A 5-foot, 67-pound baby white shark was tagged

A 5-foot, 67-pound baby white shark was tagged Saturday, Aug. 20, 2016 by researchers on board the Ocearch vessel as part of a two-week expedition to find out if the waters off Long Island serve as a shark nursery. This male shark was named Hudson. Photo Credit: Ocearch / R. Snow

Two baby white sharks have been caught off Long Island and given a big task — help researchers find out where the young predators hang out, officials said Saturday.

A 50-pound, 4-foot female was the first baby white to be tagged in the North Atlantic by Ocearch, the nonprofit that goes around the world studying sharks and is on a two-week expedition to learn if the Island’s waters are home to juvenile ones.

“This is a real step forward for the ocean right here, probably the most historic fish we’ve ever caught,” Ocearch founder Chris Fischer said on the research vessel in a video posted live on the group’s Facebook page as the shark was tagged at sunset Friday.

Then about 12 hours later and 25 miles or so off Montauk, a 67-pound, 5-foot male was spotted, said Jon Forrest Dohlin, director of the Brooklyn-based New York Aquarium, one of several partners in the expedition.

“It’s so cool,” Dohlin said.

The exuberance busted out this weekend because the baby whites ended a sort of dry spell in shark spotting for the expedition. Small scouting boats had brought only three sharks the first week to the big research vessel, two dusky and one dogfish.

As a sign of how little is known about young sharks, Dohlin said, scientists believe the two tagged ones were born this year but they don’t have better estimates of ages, only that newborn sharks are about three to four feet long.
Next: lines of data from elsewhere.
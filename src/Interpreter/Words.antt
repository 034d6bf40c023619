-- ===== src/Interpreter/Words.antt =====
-- interpreter.c: the handlers that work on registers store words.
use lightrec.Base.{
  ℕ, ◌-◌, ◌*◌, ◌/◌, ◌^◌, ◌≤◌, ◌≡◌, IsU32, arith, bit_and, ◌==◌, ◌&&◌, if◌then◌else◌, Bool, true,
  false, Option, none, subst, shl, sub32, add32, inl, inr, Bool-cases,
}
use native.Mathlib.Nat.{div-le_self, mod-le}
use lightrec.Base.Bits.{
  bit_and-lt, bit_or-lt, bit_xor-lt, lnot-lt, shl-lt, shr-le, sra-lt, sext8-lt, sext16-lt,
}
use lightrec.Isa.{Opcode, Standard, Special, Meta, rs, rt, rd, r_imm, r_op, i_imm}
use lightrec.Isa.{i_imm-lt, op_of, special_of, meta_of}
use lightrec.Optimizer.{reg_lo, reg_hi}
use lightrec.Interpreter.Regs.{set_reg_nonzero}
use lightrec.Interpreter.Regs.{Gpr, AreWords, set_reg, set_reg-AreWords, set_reg_nonzero-AreWords}
use lightrec.Interpreter.Alu.{
  int_addi, int_slti, int_sltiu, int_andi, int_ori, int_xori, int_lui, int_special_sll,
  int_special_srl, int_special_sra, int_special_sllv, int_special_srlv, int_special_srav,
  int_special_mfhi, int_special_mthi, int_special_mflo, int_special_mtlo, int_special_mult,
  int_special_multu, int_special_div, int_special_divu, int_special_add, int_special_sub,
  int_special_and, int_special_or, int_special_xor, int_special_nor, int_special_slt,
  int_special_sltu, int_meta_mov, int_meta_extc, int_meta_exts, int_meta_mult2, int_meta_com,
  mult2_hi, write_hi_lo, abs32, sdiv32, smod32,
}
use lightrec.Interpreter.Table.{Effect, regs, of_option, special_effect, meta_effect}
use lightrec.Interpreter.Table.{effect_of, effect}

pub write_hi_lo-word :
    (op : Opcode) (hi lo : ℕ) (g : Gpr)
    → IsU32 hi
    → IsU32 lo
    → AreWords g
    → AreWords (write_hi_lo op hi lo g)
unfolding write_hi_lo set_reg
write_hi_lo-word op hi lo g hhi hlo words i = ground (arith, words i)

pub product-words : (a b : ℕ) → IsU32 a → IsU32 b → IsU32 (a * b / 2 ^ 32)
product-words a b ha hb = let bound : a * b ≤ 0xffffffff * 0xffffffff = grind arith in omega arith

pub sdiv32-word : (a b : ℕ) → IsU32 a → IsU32 (sdiv32 a b)
unfolding sdiv32
sdiv32-word a b ha = ground (arith, div-le_self (abs32 a) (abs32 b))

pub smod32-word : (a b : ℕ) → IsU32 a → IsU32 (smod32 a b)
unfolding smod32
smod32-word a b ha = ground (arith, mod-le (abs32 a) (abs32 b))

add32-lt : (a b : ℕ) → IsU32 (add32 a b)
unfolding add32
add32-lt a b = omega arith

sub32-lt : (a b : ℕ) → IsU32 (sub32 a b)
unfolding sub32
sub32-lt a b = omega arith

-- A result, if there is one, is a file of words.
abbrev WordsAfter : Effect → Type 0
WordsAfter (regs g) = AreWords g
WordsAfter _ = Unit {0}

WordsAfter-if :
    (b : Bool) (x y : Option Gpr)
    → WordsAfter (of_option x)
    → WordsAfter (of_option y)
    → WordsAfter (of_option (if b then x else y))
WordsAfter-if true x y p q = p
WordsAfter-if false x y p q = q

mult2_hi-word : (signed : Bool) (x k : ℕ) → IsU32 x → IsU32 (mult2_hi signed x k)
unfolding mult2_hi
mult2_hi-word signed x k h =
    ground (arith, h, sra-lt x 31 h, sra-lt x (32 - k) h, shr-le x (32 - k), shl-lt x (k - 32))

module _ (op : Opcode) (g : Gpr) (words : AreWords g) where
  at_rs : IsU32 (g (rs op.c))
  at_rs = words (rs op.c)

  at_rt : IsU32 (g (rt op.c))
  at_rt = words (rt op.c)

  small : (b : Bool) → IsU32 (if b then 1 else 0)
  small b = ground arith

  imm-word : IsU32 (i_imm op.c)
  imm-word = omega (arith, i_imm-lt op.c)

  -- A write of a word, with and without the test of the target.
  set_word : (r v : ℕ) → IsU32 v → WordsAfter (regs (set_reg r v g))
  set_word r v h = set_reg-AreWords r v g h words

  set_nonzero_word : (r v : ℕ) → IsU32 v → WordsAfter (regs (set_reg_nonzero r v g))
  set_nonzero_word r v h = set_reg_nonzero-AreWords r v g h words

  mult_div_word : (hi lo : ℕ) → IsU32 hi → IsU32 lo → WordsAfter (regs (write_hi_lo op hi lo g))
  mult_div_word hi lo hhi hlo = write_hi_lo-word op hi lo g hhi hlo words

  div_word : WordsAfter (of_option (int_special_div op g))
  unfolding int_special_div
  div_word = WordsAfter-if (g (rt op.c) == 0) _ _ (mult_div_word _ _ at_rs (ground arith)) (
      WordsAfter-if ((g (rs op.c) == 0x80000000) && (g (rt op.c) == 0xffffffff)) none _ tt
        (mult_div_word _ _ (smod32-word _ (g (rt op.c)) at_rs) (sdiv32-word _ (g (rt op.c)) at_rs)))

  divu_word : WordsAfter (regs (int_special_divu op g))
  unfolding int_special_divu
  divu_word = elim (Bool-cases (g (rt op.c) == 0)) [
    | inl z ↦ rw z (mult_div_word _ _ at_rs (omega arith))
    | inr nz ↦ rw nz (
        mult_div_word _ _ (omega (arith, mod-le (g (rs op.c)) (g (rt op.c)), at_rs))
          (omega (arith, div-le_self (g (rs op.c)) (g (rt op.c)), at_rs)))
  ]

  mult2_word : (signed : Bool) → WordsAfter (regs (int_meta_mult2 signed op g))
  unfolding int_meta_mult2 set_reg
  mult2_word signed i = ground (
    arith,
    words i,
    mult2_hi-word signed (g (rs op.c)) (r_op op.c) at_rs,
    shl-lt (g (rs op.c)) (r_op op.c),
  )

  special-words : (s : Special) → WordsAfter (special_effect s op g)
  unfolding special_effect
  special-words Special.sll = unfold int_special_sll in sll_word (op.c == 0)
    where
      sll_word :
          (b : Bool)
          → AreWords (if b then g else set_reg (rd op.c) (shl (g (rt op.c)) (r_imm op.c)) g)
      sll_word true = words
      sll_word false = set_word _ _ (shl-lt _ _)
  special-words Special.srl =
      unfold int_special_srl in
      set_word _ _ (omega (arith, shr-le (g (rt op.c)) (r_imm op.c), at_rt))
  special-words Special.sra = unfold int_special_sra in set_word _ _ (sra-lt _ _ at_rt)
  special-words Special.sllv = unfold int_special_sllv in set_word _ _ (shl-lt _ _)
  special-words Special.srlv =
      unfold int_special_srlv in
      set_word _ _ (omega (arith, shr-le (g (rt op.c)) (bit_and (g (rs op.c)) 0x1f), at_rt))
  special-words Special.srav = unfold int_special_srav in set_word _ _ (sra-lt _ _ at_rt)
  special-words Special.mfhi = unfold int_special_mfhi in set_nonzero_word _ _ (words reg_hi)
  special-words Special.mflo = unfold int_special_mflo in set_nonzero_word _ _ (words reg_lo)
  special-words Special.mthi = unfold int_special_mthi in set_word _ _ at_rs
  special-words Special.mtlo = unfold int_special_mtlo in set_word _ _ at_rs
  special-words Special.mult =
      unfold int_special_mult in mult_div_word _ _ (omega arith) (omega arith)
  special-words Special.multu =
      unfold int_special_multu in mult_div_word _ _ (product-words _ _ at_rs at_rt) (omega arith)
  special-words Special.add = unfold int_special_add in set_nonzero_word _ _ (add32-lt _ _)
  special-words Special.addu = unfold int_special_add in set_nonzero_word _ _ (add32-lt _ _)
  special-words Special.sub = unfold int_special_sub in set_nonzero_word _ _ (sub32-lt _ _)
  special-words Special.subu = unfold int_special_sub in set_nonzero_word _ _ (sub32-lt _ _)
  special-words Special.and =
      unfold int_special_and in set_nonzero_word _ _ (bit_and-lt (g (rs op.c)) _ at_rs)
  special-words Special.or =
      unfold int_special_or in set_nonzero_word _ _ (bit_or-lt _ _ at_rs at_rt)
  special-words Special.xor =
      unfold int_special_xor in set_nonzero_word _ _ (bit_xor-lt _ _ at_rs at_rt)
  special-words Special.nor = unfold int_special_nor in set_nonzero_word _ _ (lnot-lt _)
  special-words Special.slt = unfold int_special_slt in set_nonzero_word _ _ (small _)
  special-words Special.sltu = unfold int_special_sltu in set_nonzero_word _ _ (small _)
  special-words Special.div = div_word
  special-words Special.divu = divu_word
  special-words _ = tt

  meta-words : (m : Meta) → WordsAfter (meta_effect m op g)
  unfolding meta_effect
  meta-words Meta.mov = unfold int_meta_mov in set_nonzero_word _ _ at_rs
  meta-words Meta.extc = unfold int_meta_extc in set_nonzero_word _ _ (sext8-lt _)
  meta-words Meta.exts = unfold int_meta_exts in set_nonzero_word _ _ (sext16-lt _)
  meta-words Meta.complement = unfold int_meta_com in set_nonzero_word _ _ (lnot-lt _)
  meta-words Meta.unknown = tt

  standard-words : (o : Standard) → WordsAfter (effect_of o op g)
  unfolding effect_of
  standard-words Standard.special = special-words (special_of op.c)
  standard-words Standard.meta = meta-words (meta_of op.c)
  standard-words Standard.meta_mult2 = mult2_word true
  standard-words Standard.meta_multu2 = mult2_word false
  standard-words Standard.addi = unfold int_addi in set_nonzero_word _ _ (add32-lt _ _)
  standard-words Standard.addiu = unfold int_addi in set_nonzero_word _ _ (add32-lt _ _)
  standard-words Standard.slti = unfold int_slti in set_nonzero_word _ _ (small _)
  standard-words Standard.sltiu = unfold int_sltiu in set_nonzero_word _ _ (small _)
  standard-words Standard.andi =
      unfold int_andi in set_nonzero_word (rt op.c) _ (bit_and-lt (g (rs op.c)) (i_imm op.c) at_rs)
  standard-words Standard.ori =
      unfold int_ori in set_nonzero_word _ _ (bit_or-lt (g (rs op.c)) (i_imm op.c) at_rs imm-word)
  standard-words Standard.xori =
      unfold int_xori in set_nonzero_word _ _ (bit_xor-lt (g (rs op.c)) (i_imm op.c) at_rs imm-word)
  standard-words Standard.lui = unfold int_lui in set_word _ _ (shl-lt (i_imm op.c) 16)
  standard-words _ = tt

-- A handler that works on registers alone leaves words in all registers if all held words.
pub effect-AreWords : (op : Opcode) (g g' : Gpr) → AreWords g → effect op g ≡ regs g' → AreWords g'
unfolding effect
effect-AreWords op g g' words e = subst WordsAfter e (standard-words op g words (op_of op.c))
Sharks eat the sick ones and help keep the ecosystem in balance, but their breeding habits, early years and travels are still a mystery. Boaters and fishermen have long seen sharks in local waters, but how the big fish coexist in New York City’s shipping lanes and with human activity are not clear.
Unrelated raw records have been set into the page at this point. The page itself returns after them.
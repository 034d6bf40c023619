-- ===== src/Constprop/Sound/MultDiv.antt =====
-- The multiplications and divisions: their two targets are forgotten, and hold words.
use lightrec.Base.{ℕ, ◌<◌, ◌≡◌, ◌≢◌, IsU32, arith, ◌⊎◌, inl, inr, ==_cases, refl}
use lightrec.Isa.{Opcode, Code, rd, r_imm}
use lightrec.Interpreter.Regs.{Gpr, AreWords, set_reg}
use lightrec.Interpreter.Alu.{write_hi_lo, get_mult_div_lo, get_mult_div_hi}
use lightrec.Interpreter.Words.{write_hi_lo-word}
use lightrec.Constprop.Data.{Consts, set_const, forget}
use lightrec.Constprop.Switch.{forget_mult_div}
use lightrec.Constprop.Describes.{Describes, DescribesAll, forget-Describes, Describes-eq}

-- A register that is a target is forgotten; another keeps its entry and its value.
forgotten :
    (c : Code) (v : Consts) (r : ℕ)
    → 0 < r
    → (r ≡ rd c) ⊎ (r ≡ r_imm c)
    → forget_mult_div c v r ≡ forget (v r)
unfolding forget_mult_div set_const
forgotten c v r pos h = ground arith

untouched :
    (op : Opcode) (v : Consts) (g : Gpr) (hi lo r : ℕ)
    → r < 32
    → r ≢ rd op.c
    → r ≢ r_imm op.c
    → (forget_mult_div op.c v r ≡ v r) × (write_hi_lo op hi lo g r ≡ g r)
unfolding forget_mult_div set_const write_hi_lo set_reg get_mult_div_lo get_mult_div_hi
untouched op v g hi lo r hr n1 n2 = ground arith

pub forget_mult_div-Describes :
    {v : Consts} {g : Gpr}
    → DescribesAll v g
    → AreWords g
    → (op : Opcode) (hi lo : ℕ) → IsU32 hi
    → IsU32 lo
    → (r : ℕ) → 0 < r
    → r < 32
    → Describes (forget_mult_div op.c v r) (write_hi_lo op hi lo g r)
forget_mult_div-Describes {v} {g} all words op hi lo hhi hlo r pos hr =
    elim (==_cases r (rd op.c)) [
      | inl e ↦ target (inl e)
      | inr n1 ↦ elim (==_cases r (r_imm op.c)) [
        | inl e ↦ target (inr e)
        | inr n2 ↦
            let u = untouched op v g hi lo r hr (ground arith) (ground arith) in
            Describes-eq u.0 u.1 (all r hr)
      ]
    ]
  where
    target :
        (r ≡ rd op.c) ⊎ (r ≡ r_imm op.c)
        → Describes (forget_mult_div op.c v r) (write_hi_lo op hi lo g r)
    target h = Describes-eq (forgotten op.c v r pos h) refl (
        forget-Describes (v r) _ ((all r hr).value_word)
          (write_hi_lo-word op hi lo g hhi hlo words r))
Fischer named the female shark Montauk in honor of mariners’ history, calling the East End fishing hot spot a “special, special” place whose people had made him feel welcome.

The male was named Hudson, after New York’s famed river. A video of his tagging was also posted by Ocearch.
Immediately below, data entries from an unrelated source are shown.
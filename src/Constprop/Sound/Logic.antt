-- ===== src/Constprop/Sound/Logic.antt =====
-- AND, OR, XOR and NOR.
use lightrec.Base.{ℕ, ◌<◌, ◌≤◌, ◌≡◌, IsU32, arith, bit_and, bit_or, bit_xor, lnot, min, max}
use lightrec.Base.Bits.{bit, bit-lt-two, bit-bit_and, bit-bit_or, bit-bit_xor, bit-lnot, xor_digit}
use lightrec.Base.Bits.{bit_and-lt, bit_or-lt, bit_xor-lt, lnot-lt}
use lightrec.Constprop.Data.{ConstpropData}
use lightrec.Constprop.Describes.{Describes, digit_agrees, digit_copies, digit_upper}
use lightrec.Constprop.Shift.{and_consts, or_consts, or_known, xor_consts, nor_consts}

ruleset digits = (arith, bit-lt-two, bit-bit_and, bit-bit_or)

module _ (t s : ConstpropData) (y x : ℕ) (p : Describes t y) (q : Describes s x) where
  module _ (i : ℕ) (hi : i < 32) where
    -- Both operands copy their top bit wherever the meet of the two masks is set.
    meet_copies : bit (bit_and t.sign s.sign) i ≡ 1 → (bit y i ≡ bit y 31) × (bit x i ≡ bit x 31)
    meet_copies h = (omega (digits, digit_copies p i hi), omega (digits, digit_copies q i hi))

    meet_upper :
        (j : ℕ)
        → i ≤ j
        → j < 32
        → bit (bit_and t.sign s.sign) i ≡ 1
        → bit (bit_and t.sign s.sign) j ≡ 1
    meet_upper j le hj h = omega (digits, digit_upper p i hi j le hj, digit_upper q i hi j le hj)

    or_known_digit :
        bit (or_known t s) i
        ≡ max
            (max (min (bit t.known i) (bit s.known i)) (min (bit t.value i) (bit t.known i)))
            (min (bit s.value i) (bit s.known i))
    unfolding or_known
    or_known_digit = omega digits

  or_known-lt : IsU32 (or_known t s)
  unfolding or_known
  or_known-lt =
      bit_or-lt _ _ (bit_or-lt _ _ (bit_and-lt _ _ p.known_word) (bit_and-lt _ _ p.value_word))
        (bit_and-lt _ _ q.value_word)

  -- The entry that the case of AND computes describes the conjunction of the two words that the
  -- operands' entries describe.
  pub and-Describes : Describes (and_consts t s) (bit_and x y)
  unfolding and_consts
  and-Describes = record {
    word = bit_and-lt x y q.word;
    value_word = bit_and-lt _ _ (bit_and-lt _ _ p.value_word);
    known_word =
        bit_or-lt _ _ (bit_or-lt _ _ (bit_and-lt _ _ p.known_word) (bit_and-lt _ _ (lnot-lt _)))
          (bit_and-lt _ _ (lnot-lt _));
    sign_word = bit_and-lt _ _ p.sign_word;
    agrees = λ i hi k. omega (
      digits,
      digit_agrees p i hi,
      digit_agrees q i hi,
      bit-lnot t.value i p.value_word hi,
      bit-lnot s.value i q.value_word hi,
    );
    copies = λ i hi h. omega (digits, meet_copies i hi h);
    upper = λ i j le hj h. meet_upper i (omega arith) j le hj h;
  }

  -- The entry that the case of OR computes describes the disjunction of the two words that the
  -- operands' entries describe.
  pub or-Describes : Describes (or_consts t s) (bit_or x y)
  unfolding or_consts
  or-Describes = record {
    word = bit_or-lt x y q.word p.word;
    value_word = bit_and-lt _ _ (bit_or-lt _ _ p.value_word q.value_word);
    known_word = or_known-lt;
    sign_word = bit_and-lt _ _ p.sign_word;
    agrees =
        λ i hi k. omega (digits, digit_agrees p i hi, digit_agrees q i hi, or_known_digit i hi);
    copies = λ i hi h. omega (digits, meet_copies i hi h);
    upper = λ i j le hj h. meet_upper i (omega arith) j le hj h;
  }

  -- The entry that the case of XOR computes describes the exclusive disjunction of the two words
  -- that the operands' entries describe.
  pub xor-Describes : Describes (xor_consts t s) (bit_xor x y)
  unfolding xor_consts xor_digit
  xor-Describes = record {
    word = bit_xor-lt x y q.word p.word;
    value_word = bit_xor-lt _ _ p.value_word q.value_word;
    known_word = bit_and-lt _ _ p.known_word;
    sign_word = bit_and-lt _ _ p.sign_word;
    agrees = λ i hi k. omega (digits, bit-bit_xor, digit_agrees p i hi, digit_agrees q i hi);
    copies = λ i hi h. omega (digits, bit-bit_xor, meet_copies i hi h);
    upper = λ i j le hj h. meet_upper i (omega arith) j le hj h;
  }

  -- The entry that the case of NOR computes describes the complement of the disjunction of the two
  -- words that the operands' entries describe.
  pub nor-Describes : Describes (nor_consts t s) (lnot (bit_or x y))
  unfolding nor_consts
  nor-Describes = record {
    word = lnot-lt _;
    value_word = bit_and-lt _ _ (lnot-lt _);
    known_word = or_known-lt;
    sign_word = bit_and-lt _ _ p.sign_word;
    agrees = λ i hi k. omega (
      digits,
      digit_agrees p i hi,
      digit_agrees q i hi,
      or_known_digit i hi,
      bit-lnot (bit_or t.value s.value) i (bit_or-lt _ _ p.value_word q.value_word) hi,
      bit-lnot (bit_or x y) i (bit_or-lt _ _ q.word p.word) hi,
    );
    copies = λ i hi h. omega (
      digits,
      meet_copies i hi h,
      bit-lnot (bit_or x y) i (bit_or-lt _ _ q.word p.word) hi,
      bit-lnot (bit_or x y) 31 (bit_or-lt _ _ q.word p.word) (omega arith),
    );
    upper = λ i j le hj h. meet_upper i (omega arith) j le hj h;
  }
Montauk arrived at sunset a week after the ship had set out, a weight off researchers whose goal was to nab at least one juvenile white shark. As a shark scouting boat led it to the research vessel, equipped with a lift, the baby white did not fight.

Brett McBride, co-captain of the Ocearch vessel, was on the scouting boat and had been expecting another type of species when the fish swam by.

“When that thing went under the boat, I was like I think we got a baby white on us,” he said on the video.

A 47-minute video of the adventure showed eight or more people at times swarmed around the little predator, taking a tissue sample, measurements and attaching a tag to her fin. A blanket was put over her head. A hose put inside her mouth kept her gills wet, and when all the data-gathering was over, she took her time letting go of the hose.

“That was crazy, right?” Fischer said afterward as clapping erupted to wish Montauk well.

The great whites are not threatened with extinction but the species’ survival hangs on the fishing industry, pollution and policies aimed at stopping the shark fin trade.

Montauk has been added to the group’s Global Shark Tracker, which allows people to see the pinged locations of each shark.

“Together we wait for the first ping,” Fischer had said. “We got to learn where the baby sharks go so we can make more big sharks and lots of fish for our grandchildren. Today was a big leap forward for that in the North Atlantic Ocean.”